Each line in the entries below that contains the word "details" counts once. Report how many there are and nothing more.

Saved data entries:
★ ★ ★ ★ ★

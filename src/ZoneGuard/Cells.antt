-- ===== src/ZoneGuard/Cells.antt =====
-- zone_guard.h, `ZoneCellSet`: the cells that one refusal restores.
pub mod Firsts
use ewb_server.Base.{
  ℕ, suc, ◌+◌, ◌-◌, ◌*◌, ◌%◌, ◌^◌, ℤ, pos_part, neg_part, Bool, true, false, ◌||◌, List, [], ◌∷◌,
  ◌++◌, ◌==◌, leb, if◌then◌else◌, length,
}

pub record RevertCell : Type 0 where
  pub x : ℤ
  pub y : ℤ
  pub z : ℤ

-- `(uint32_t)c` cut to its low `w` bits.
unfoldable low_bits : ℕ → ℤ → ℕ
low_bits w c = (pos_part c % 2 ^ w + (2 ^ w - neg_part c % 2 ^ w)) % 2 ^ w

unfoldable pub zone_cell_key : RevertCell → ℕ
unfolding low_bits
zone_cell_key c = low_bits 24 c.x * 2 ^ 40 + low_bits 24 c.z * 2 ^ 16 + low_bits 16 c.y

pub record ZoneCellSet : Type 0 where
  pub cap : ℕ
  pub seen : List ℕ
  pub cells : List RevertCell
  pub overflow : ℕ

unfoldable pub empty_set : ℕ → ZoneCellSet
empty_set cap = record { cap = cap; seen = []; cells = []; overflow = 0 }

abbrev pub has : ℕ → List ℕ → Bool
has k [] = false
has k (l ∷ ls) = k == l || has k ls

unfoldable pub contains : RevertCell → ZoneCellSet → Bool
contains c s = has (zone_cell_key c) s.seen

unfoldable pub add : RevertCell → ZoneCellSet → ZoneCellSet × Bool
add c s =
    let k = zone_cell_key c in
    if has k s.seen
    then (s, false)
    else if leb s.cap (length s.cells)
    then (record s { overflow = suc s.overflow }, false)
    else (record s { seen = k ∷ s.seen; cells = s.cells ++ c ∷ [] }, true)

unfoldable pub add_all : List RevertCell → ZoneCellSet → ZoneCellSet
add_all [] s = s
add_all (c ∷ cs) s = add_all cs (add c s).0
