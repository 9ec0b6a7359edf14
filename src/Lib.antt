-- ===== src/Lib.antt =====
-- AstraPort API: a NestJS backend, of which this library models the parts that keep state of their
-- own in memory. A path here is from the repository's root.
--
-- The program's parts, and the modules that model them:
--   Prelude      JavaScript's Map with text keys (JsMap), JSON values (Json), lists and tests on
--                numbers, text (JsString).
--   Environment  what the two configuration loaders share: positive integers and switches.
--   Cache        src/cache: Memory is backends/memory-cache.ts, Service is cache.service.ts,
--                Backend is the interface CacheBackend of cache.types.ts, through which the
--                service reaches its second tier. The service counts into the metrics.
--                Configuration is cache.config.ts.
--   Monitoring   src/monitoring: Metrics is metrics.service.ts, Rules and Alerting are
--                alerting.service.ts, Logs is log-aggregation.service.ts, Tracing is
--                tracing.service.ts and Performance is performance.service.ts; Buffers is what the
--                logs and the tracing share.
--   RateLimit    src/rate-limit: Algorithms is rate-limit.algorithms.ts, Service is
--                rate-limit.service.ts (Check holds `check` and the cleanup), Interceptor is
--                rate-limit.interceptor.ts, Configuration is rate-limit.config.ts. The service
--                counts into the metrics.
--   Pagination   src/pagination/helpers: the offset pages, and in Cursors the pages that cursors
--                lead through, as `findAllCursor` of src/ai-triggers/ai-triggers.service.ts puts
--                them together.
--   Subscriptions  src/subscriptions: Types holds the entities, Filter and Service (Records for
--                the delivery records) are subscription.service.ts. Listing uses the pages.
--   Webhook      src/webhook/webhook.service.ts: Signature is `verifySignature`, RetryQueue is
--                `retryDueDeliveries` and the dashboard. It publishes to the active subscriptions
--                and records each attempt with the subscription service.
--   Auth         src/auth: Service is auth.service.ts with token-revocation.service.ts, `validate`
--                of strategies/jwt.strategy.ts and guards/roles.guard.ts; Storage is what it asks
--                of the database, of bcrypt and of the JWT library, with the behaviour relied on.
--   Audit        src/audit-log: the entries, integrity/log-integrity.verifier.ts and
--                `verifyIntegrity` of audit-log.service.ts.
--   Staking      src/staking/emergency-unstake.service.ts with src/contracts/contracts.service.ts:
--                the penalty, the weekly limit and the withdrawal from the positions that the
--                contracts keep. Portfolio is portfolio.service.ts with asset-registry.service.ts.
--   Files        src/files/services: Service is files.service.ts with the validator, the scanner
--                and the optimizer, Garbage is garbage-collector.service.ts. What is uploaded
--                counts into a quota.
--   Queue        src/modules/queue/services/queue.service.ts, over the queues of Bull.
--   Validation   src/validation/files/file-validation.ts: Uploads is `validateFile` and
--                `validateFiles`.
--   Rebalancing  src/rebalancing/drift-calculator.service.ts: Drift is the snapshot of a
--                portfolio, Service the configurations, history, alerts and webhooks, Analysis is
--                `analysePortfolio`.
--   Logging      src/logging/utils/redact.util.ts: Redact is `redactSensitiveData`; Errors is
--                src/logging/errors, ExceptionFilter is filters/global-exception.filter.ts.
--   Tests        runs of the properties at concrete inputs.
--
-- How state and operations correspond: a service class is a record of its fields, a method is a
-- function from its arguments and the state to its result and the new state, named as the method
-- in this library's spelling (`recordDeliveryAttempt` is `record_delivery_attempt`). An exception
-- is a value of the result. A method reads the clock once, as the argument `now` in milliseconds;
-- a new identifier is an argument. A method that awaits runs to its end before another begins.
--
-- Numbers and bounds: all quantities are natural numbers. A token bucket counts in units of a
-- token over the window, which makes the refill exact where the program rounds in floating point;
-- limits and windows are positive, as RateLimit.Configuration loads them. Rates and latencies of
-- the alerts are in hundredths, penalties in parts of a fixed unit, the weights of a portfolio and
-- the amounts of staked portfolios in units of 1e-8; the trend of an analysis is exact, where the
-- program's floating point rounds. A calendar day is 24 hours, as on a server whose clock keeps
-- UTC. Every loop of the program is over a list and ends with it, so that no function of the model
-- takes fuel; the walk along the cursors in Pagination.Cursors counts its pages, one more than
-- there are rows. Text is compared as the program does; upper and lower case and white space are
-- those of ASCII.
--
-- Not modelled: what is only a call of a library or a service (Redis, the database, passport,
-- cloud storage), the framework's glue (controllers, modules, decorators), the writing of logs,
-- and the timers, whose callbacks are functions. HMAC, SHA-256, JSON.stringify, fetch, the
-- conversions by which the configurations are read (Number, String, JSON.parse), the JSON and
-- base64url of the cursors, the second cache tier, the users' database, the storage of files, the
-- virus scanner, the image library and the queues of Bull are parameters. The plans of
-- rebalancing, the preview and the history of emergency unstakes, the audit log's queries, the
-- domain rules over zod and the health checks have no model here.
pub mod Prelude
pub mod Environment
pub mod Cache
pub mod Monitoring
pub mod RateLimit
pub mod Rebalancing
pub mod Pagination
pub mod Subscriptions
pub mod Webhook
pub mod Auth
pub mod Staking
pub mod Queue
pub mod Files
pub mod Logging
pub mod Validation
pub mod Audit
pub mod Tests
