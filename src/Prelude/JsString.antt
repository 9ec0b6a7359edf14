-- ===== src/Prelude/JsString.antt =====
-- What the program asks of JavaScript's strings.
use Prim.Native.Char.{Char, code}
use Prim.Native.String
use Prim.Native.String.{String, [], ◌∷◌}
use mathlib.Core.Option.{Option, none, some}
use atraport_api.Prelude.Tests.{nat_eq, if◌then◌else◌}

-- `a + b`, and the parts of a template literal.
infixr 65 ◌<>◌
abbrev pub ◌<>◌ : String → String → String
a <> b = String.◌++◌ a b

-- A value that is undefined or empty fails `if (s)`.
abbrev pub truthy : Option String → Option String
truthy none = none
truthy (some []) = none
truthy (some (c ∷ s)) = some (c ∷ s)

translate : Char → String → String → Char
translate c [] to = c
translate c (a ∷ from) [] = c
translate c (a ∷ from) (b ∷ to) = if nat_eq (code c) (code a) then b else translate c from to

-- `s.toUpperCase()`, for ASCII text.
unfoldable pub to_upper_case : String → String
unfolding translate
to_upper_case [] = []
to_upper_case (c ∷ s) =
    translate c "abcdefghijklmnopqrstuvwxyz" "ABCDEFGHIJKLMNOPQRSTUVWXYZ" ∷ to_upper_case s

-- `s.toLowerCase()`, for ASCII text.
unfoldable pub to_lower_case : String → String
unfolding translate
to_lower_case [] = []
to_lower_case (c ∷ s) =
    translate c "ABCDEFGHIJKLMNOPQRSTUVWXYZ" "abcdefghijklmnopqrstuvwxyz" ∷ to_lower_case s

-- `s.split(sep)[0]`, for a separator of one character.
unfoldable pub before : Char → String → String
before sep [] = []
before sep (c ∷ s) = if nat_eq (code c) (code sep) then [] else c ∷ before sep s

prepend : Char → Option String → Option String
prepend c none = none
prepend c (some s) = some (c ∷ s)

-- `s.slice(0, -1)`, if `s.endsWith(last)`, for a `last` of one character.
unfoldable pub without_last : Char → String → Option String
unfolding prepend
without_last last [] = none
without_last last (c ∷ []) = if nat_eq (code c) (code last) then some [] else none
without_last last (c ∷ (d ∷ s)) = prepend c (without_last last (d ∷ s))
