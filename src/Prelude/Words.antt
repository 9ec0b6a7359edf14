-- ===== src/Prelude/Words.antt =====
-- Splitting and trimming text as JavaScript does, for ASCII white space.
use Prim.Native.Char.{Char, code}
use Prim.Native.String.{String}
use mathlib.Core.Bool.{Bool, ◌&&◌, ◌||◌}
use mathlib.Core.List.{List, [], ◌∷◌}
use atraport_api.Prelude.Tests.{nat_eq, leb, if◌then◌else◌}

abbrev pub is_char : Char → Char → Bool
is_char c d = nat_eq (code c) (code d)

abbrev pub first_piece : Char → List String → List String
first_piece c [] = String.◌∷◌ c "" ∷ []
first_piece c (piece ∷ pieces) = String.◌∷◌ c piece ∷ pieces

-- `s.split(sep)`, for a separator of one character.
unfoldable pub split : Char → String → List String
split sep String.[] = "" ∷ []
split sep (String.◌∷◌ c s) =
    let pieces = split sep s in if is_char c sep then "" ∷ pieces else first_piece c pieces

-- The ASCII white space.
unfoldable pub is_space : Char → Bool
is_space c = leb 9 (code c) && leb (code c) 13 || nat_eq (code c) 32

unfoldable pub trim_start : String → String
trim_start String.[] = ""
trim_start (String.◌∷◌ c s) = let rest = trim_start s in if is_space c then rest else String.◌∷◌ c s

abbrev pub unless_space : Char → String → String
unless_space c String.[] = if is_space c then "" else String.◌∷◌ c ""
unless_space c (String.◌∷◌ d s) = String.◌∷◌ c (String.◌∷◌ d s)

unfoldable pub trim_end : String → String
trim_end String.[] = ""
trim_end (String.◌∷◌ c s) = unless_space c (trim_end s)

unfoldable pub trim : String → String
trim s = trim_end (trim_start s)
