-- ===== src/Audit.antt =====
-- src/audit-log: the entries, integrity/log-integrity.verifier.ts and the service's check of a user's
-- entries. SHA-256 and the text of an entry's details (`JSON.stringify`) are parameters. A time is in
-- milliseconds from 1970, before the year 10000.
pub mod Tampering
use atraport_api.Prelude.{
  ℕ, zero, suc, ◌+◌, ◌-◌, ◌*◌, ◌/◌, ◌%◌, nat_eq, String, Bool, true, false, Option, none, some,
  List, [], ◌∷◌, ltb, leb, ◌<>◌, truthy, filter, if◌then◌else◌,
}
use text.Mathlib.Text.{◌==◌}

pub record AuditLog (D : Type 0) : Type 0 where
  pub id : String
  pub user_id : String
  pub event_type : String
  pub portfolio_id : Option String
  pub user_action : String
  pub details : D
  pub ip_address : String
  pub user_agent : String
  pub checksum : String
  pub previous_checksum : Option String
  pub created_at : ℕ

pub record Hashing (D : Type 0) : Type 0 where
  pub sha256 : String → String
  pub stringify : D → String

char_at : ℕ → String → String
char_at n String.[] = ""
char_at zero (String.◌∷◌ c s) = String.◌∷◌ c ""
char_at (suc n) (String.◌∷◌ c s) = char_at n s

-- The last digits of a number, as many as asked for.
digits : ℕ → ℕ → String
unfolding char_at
digits zero n = ""
digits (suc count) n = digits count (n / 10) <> char_at (n % 10) "0123456789"

-- The date of a day counted from 1970: years run from March, in eras of 400 years.
date_text : ℕ → String
unfolding digits
date_text days =
    let z = days + 719468 in
    let day_of_era = z % 146097 in
    let year_of_era =
      (day_of_era + day_of_era / 36524 - (day_of_era / 1460 + day_of_era / 146096)) / 365 in
    let day_of_year = day_of_era + year_of_era / 100 - (365 * year_of_era + year_of_era / 4) in
    let from_march = (5 * day_of_year + 2) / 153 in
    let day = day_of_year - (153 * from_march + 2) / 5 + 1 in
    let month = if ltb from_march 10 then from_march + 3 else from_march - 9 in
    let year = year_of_era + z / 146097 * 400 + (if leb month 2 then 1 else 0) in
    digits 4 year <> "-" <> digits 2 month <> "-" <> digits 2 day

-- `date.toISOString()`
unfoldable pub to_iso_string : ℕ → String
unfolding digits date_text
to_iso_string t =
    date_text (t / 86400000)
    <> "T"
    <> digits 2 (t / 3600000 % 24)
    <> ":"
    <> digits 2 (t / 60000 % 60)
    <> ":"
    <> digits 2 (t / 1000 % 60)
    <> "."
    <> digits 3 (t % 1000)
    <> "Z"

abbrev or_empty : Option String → String
or_empty none = ""
or_empty (some s) = s

pub record Integrity : Type 0 where
  pub valid : Bool
  pub invalid_log_ids : List String

abbrev is_empty {ℓ} : {A : Type ℓ} → List A → Bool
is_empty [] = true
is_empty (x ∷ xs) = false

module _ {D : Type 0} where
  unfoldable pub checksum_data : Hashing D → AuditLog D → String → String
  checksum_data hashing log previous =
      log.id
      <> log.user_id
      <> log.event_type
      <> or_empty (truthy log.portfolio_id)
      <> log.user_action
      <> hashing.stringify log.details
      <> to_iso_string log.created_at
      <> previous

  unfoldable pub generate_checksum : Hashing D → AuditLog D → String → String
  generate_checksum hashing log previous = hashing.sha256 (checksum_data hashing log previous)

  -- `logs.sort((a, b) => a.createdAt.getTime() - b.createdAt.getTime())`, which is stable.
  unfoldable pub insert_by_time : AuditLog D → List (AuditLog D) → List (AuditLog D)
  insert_by_time log [] = log ∷ []
  insert_by_time log (first ∷ rest) =
      let later = insert_by_time log rest in
      if leb log.created_at first.created_at then log ∷ (first ∷ rest) else first ∷ later

  unfoldable pub sort_by_time : List (AuditLog D) → List (AuditLog D)
  sort_by_time [] = []
  sort_by_time (log ∷ logs) = insert_by_time log (sort_by_time logs)

  unfoldable pub verify_loop : Hashing D → String → List (AuditLog D) → List String
  verify_loop hashing previous [] = []
  verify_loop hashing previous (log ∷ rest) =
      let later = verify_loop hashing log.checksum rest in
      if log.checksum == generate_checksum hashing log previous then later else log.id ∷ later

  unfoldable pub verify_logs : Hashing D → List (AuditLog D) → Integrity
  verify_logs hashing logs =
      let invalid = verify_loop hashing "" (sort_by_time logs) in
      record { valid = is_empty invalid; invalid_log_ids = invalid }

  -- The rows are those of the table.
  unfoldable pub verify_integrity : Hashing D → String → List (AuditLog D) → Integrity
  verify_integrity hashing user_id rows =
      verify_logs hashing (filter (λ (log : AuditLog D). log.user_id == user_id) rows)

★ ★ ★ ★ ★

YOUR SOLUTION — 3